Cursor Cloud Agents Are Incredible - Until You Need Production Governance
Cursor Cloud Agents are the best AI coding environment for individual developers. But for enterprises that need AI-written code to ship through staging to production with audit trails, RBAC, and compliance - there's a gap.
Cursor Cloud Agents are the most impressive AI coding environment available today. Parallel agent execution, remote desktop control, computer use, MCP support, multi-repo environments, and automatic CI fix - all in an isolated VM. For individual developers and small teams, it's a game-changer.

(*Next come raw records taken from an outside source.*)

-- ===== src/Dialects/Replied.antt =====
-- What an upstream answers in the Messages dialect reaches a client of that dialect.
use zealish_router.Base.{
  ℕ, ◌+◌, ◌≡◌, refl, subst, sym, ap, ◌∙◌, String, append, append_empty, Bool, true, ◌||◌, Option,
  none, some, List, [], ◌∷◌, ◌++◌, if◌then◌else◌, if_cases, str_eq, arith, eq_iff,
}
use zealish_router.Wire.{ToolCall, MessageUsage, to_message_usage, stop_reason, finish_reason}
use zealish_router.Wire.Usage.{to_message_usage-from_message_usage}
use zealish_router.Dialects.{
  ContentBlock, text_block, image_block, tool_use, tool_result, other_block, chat_text,
}
use zealish_router.Dialects.Atoms.{called, texts, calls, input_json}
use zealish_router.Dialects.Collected.{input_json-input_json}
use zealish_router.Dialects.Replies.{
  MessageReply, reply_text, calls_from, finish_of, usage_from, from_message_reply, reply_texts,
  stop_of, tool_use_blocks, to_message_reply,
}

-- The input of every call is valid JSON, as it is in a response that has been decoded.
abbrev pub ValidInputs : (String → Bool) → List ContentBlock → Type 0
ValidInputs valid [] = Unit
ValidInputs valid (tool_use id name input ∷ blocks) =
    (valid (input_json input) ≡ true) × ValidInputs valid blocks
ValidInputs valid (b ∷ blocks) = ValidInputs valid blocks

-- The reasons that both dialects tell apart; any other one is an end of the turn.
abbrev pub known_stop : Option String → Option String
known_stop none = none
known_stop (some reason) =
    if str_eq reason ""
    then none
    else if str_eq reason "max_tokens" || str_eq reason "tool_use"
    then some reason
    else some "end_turn"

stop_of-finish_of : (reason : Option String) → stop_of (some (finish_of reason)) ≡ known_stop reason
unfolding stop_reason finish_reason
stop_of-finish_of none = refl
stop_of-finish_of (some reason) =
    let goal = λ (given : String). stop_of (some given) ≡ known_stop (some reason) in
    let at = λ (text : String) (h : str_eq reason text ≡ true). sym ((eq_iff reason text).0 h) in
    if_cases goal (str_eq reason "max_tokens")
      (λ h. subst (λ r. some "max_tokens" ≡ known_stop (some r)) (at "max_tokens" h) refl)
      (λ long.
        if_cases goal (str_eq reason "tool_use")
          (λ h. subst (λ r. some "tool_use" ≡ known_stop (some r)) (at "tool_use" h) refl)
          (λ tool.
            if_cases goal (str_eq reason "")
              (λ h. subst (λ r. none ≡ known_stop (some r)) (at "" h) refl)
              (λ other. ground (arith, long, tool, other))))

usage_kept : (u : Option MessageUsage) → to_message_usage (usage_from u) ≡ u
unfolding to_message_usage
usage_kept none = refl
usage_kept (some u) = to_message_usage-from_message_usage u

reply_text-texts : (bs : List ContentBlock) → reply_text bs ≡ texts bs
unfolding reply_text texts
reply_text-texts [] = refl
reply_text-texts (text_block text ∷ bs) = ap (append text) (reply_text-texts bs)
reply_text-texts (image_block s ∷ bs) = reply_text-texts bs
reply_text-texts (tool_use id name input ∷ bs) = reply_text-texts bs
reply_text-texts (tool_result id content is_error ∷ bs) = reply_text-texts bs
reply_text-texts (other_block ∷ bs) = reply_text-texts bs

module _ (valid : String → Bool) where
  if_valid : (a : String) → valid a ≡ true → (if valid a then a else "{}") ≡ a
  if_valid a h = ground (arith, h)

  tool_use_blocks-texts : (cs : List ToolCall) → texts (tool_use_blocks valid cs) ≡ ""
  unfolding texts tool_use_blocks
  tool_use_blocks-texts [] = refl
  tool_use_blocks-texts (c ∷ cs) = tool_use_blocks-texts cs

  calls-calls_from :
      (n : ℕ) (bs : List ContentBlock)
      → ValidInputs valid bs
      → calls (tool_use_blocks valid (calls_from n bs)) ≡ calls bs
  unfolding calls tool_use_blocks calls_from
  calls-calls_from n [] h = refl
  calls-calls_from n (text_block text ∷ bs) h = calls-calls_from n bs h
  calls-calls_from n (image_block s ∷ bs) h = calls-calls_from n bs h
  calls-calls_from n (tool_use id name input ∷ bs) h =
      ap
        (λ a. called id name (input_json a) ∷ calls (tool_use_blocks valid (calls_from (n + 1) bs)))
        (if_valid (input_json input) h.0)
      ∙ ap (λ a. called id name a ∷ calls (tool_use_blocks valid (calls_from (n + 1) bs)))
          (input_json-input_json input)
      ∙ ap (λ rest. called id name (input_json input) ∷ rest) (calls-calls_from (n + 1) bs h.1)
  calls-calls_from n (tool_result id content is_error ∷ bs) h = calls-calls_from n bs h
  calls-calls_from n (other_block ∷ bs) h = calls-calls_from n bs h

  -- The blocks of a chat message with this text and these calls.
  blocks_said :
      (text : String) (cs : List ToolCall)
      → (texts (reply_texts (chat_text text) ++ tool_use_blocks valid cs) ≡ text)
        × (calls (reply_texts (chat_text text) ++ tool_use_blocks valid cs)
            ≡ calls (tool_use_blocks valid cs))
  unfolding texts calls
  blocks_said text cs =
      if_cases
        (λ bs.
          (texts (bs ++ tool_use_blocks valid cs) ≡ text)
          × (calls (bs ++ tool_use_blocks valid cs) ≡ calls (tool_use_blocks valid cs)))
        (str_eq text "")
        (λ nothing. (tool_use_blocks-texts cs ∙ sym ((eq_iff text "").0 nothing), refl))
        (λ something. (ap (append text) (tool_use_blocks-texts cs) ∙ append_empty text, refl))

-- The client is told what the upstream answered.
pub record Conveys (r r' : MessageReply) : Type 0 where
  pub id : r'.id ≡ r.id
  pub model : r'.model ≡ r.model
  pub text : texts r'.content ≡ texts r.content
  pub calls : calls r'.content ≡ calls r.content
  pub stop : r'.stop ≡ known_stop r.stop
  pub usage : r'.usage ≡ r.usage

-- A response of the Messages dialect, whose calls have valid inputs, reaches a client of that dialect
-- with the same identity, model, joined text, calls and usage, and with its stop reason if that is a
-- limit or a call; any other reason becomes the end of the turn.
pub to_message_reply-from_message_reply :
    (valid : String → Bool) (r : MessageReply)
    → ValidInputs valid r.content
    → Conveys r (to_message_reply valid (from_message_reply r))
unfolding to_message_reply from_message_reply
to_message_reply-from_message_reply valid r h =
    let (t, c) = blocks_said valid (reply_text r.content) (calls_from 0 r.content) in
    record {
      id = refl;
      model = refl;
      text = t ∙ reply_text-texts r.content;
      calls = c ∙ calls-calls_from valid 0 r.content h;
      stop = stop_of-finish_of r.stop;
      usage = usage_kept r.usage;
    }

But the story ends at the pull request. Cloud Agents create PRs. What happens after merge - deployment, staging, production, rollback - is entirely your problem. There's no deployment pipeline, no managed databases, no multi-service environments.
For enterprises, the gaps are structural. Your code runs on Cursor's AWS. Secrets management is basic key-value pairs. RBAC is workspace-level only. Cursor themselves warn about data exfiltration risk from prompt injection. These aren't bugs - they're design decisions for a coding tool, not an infrastructure platform.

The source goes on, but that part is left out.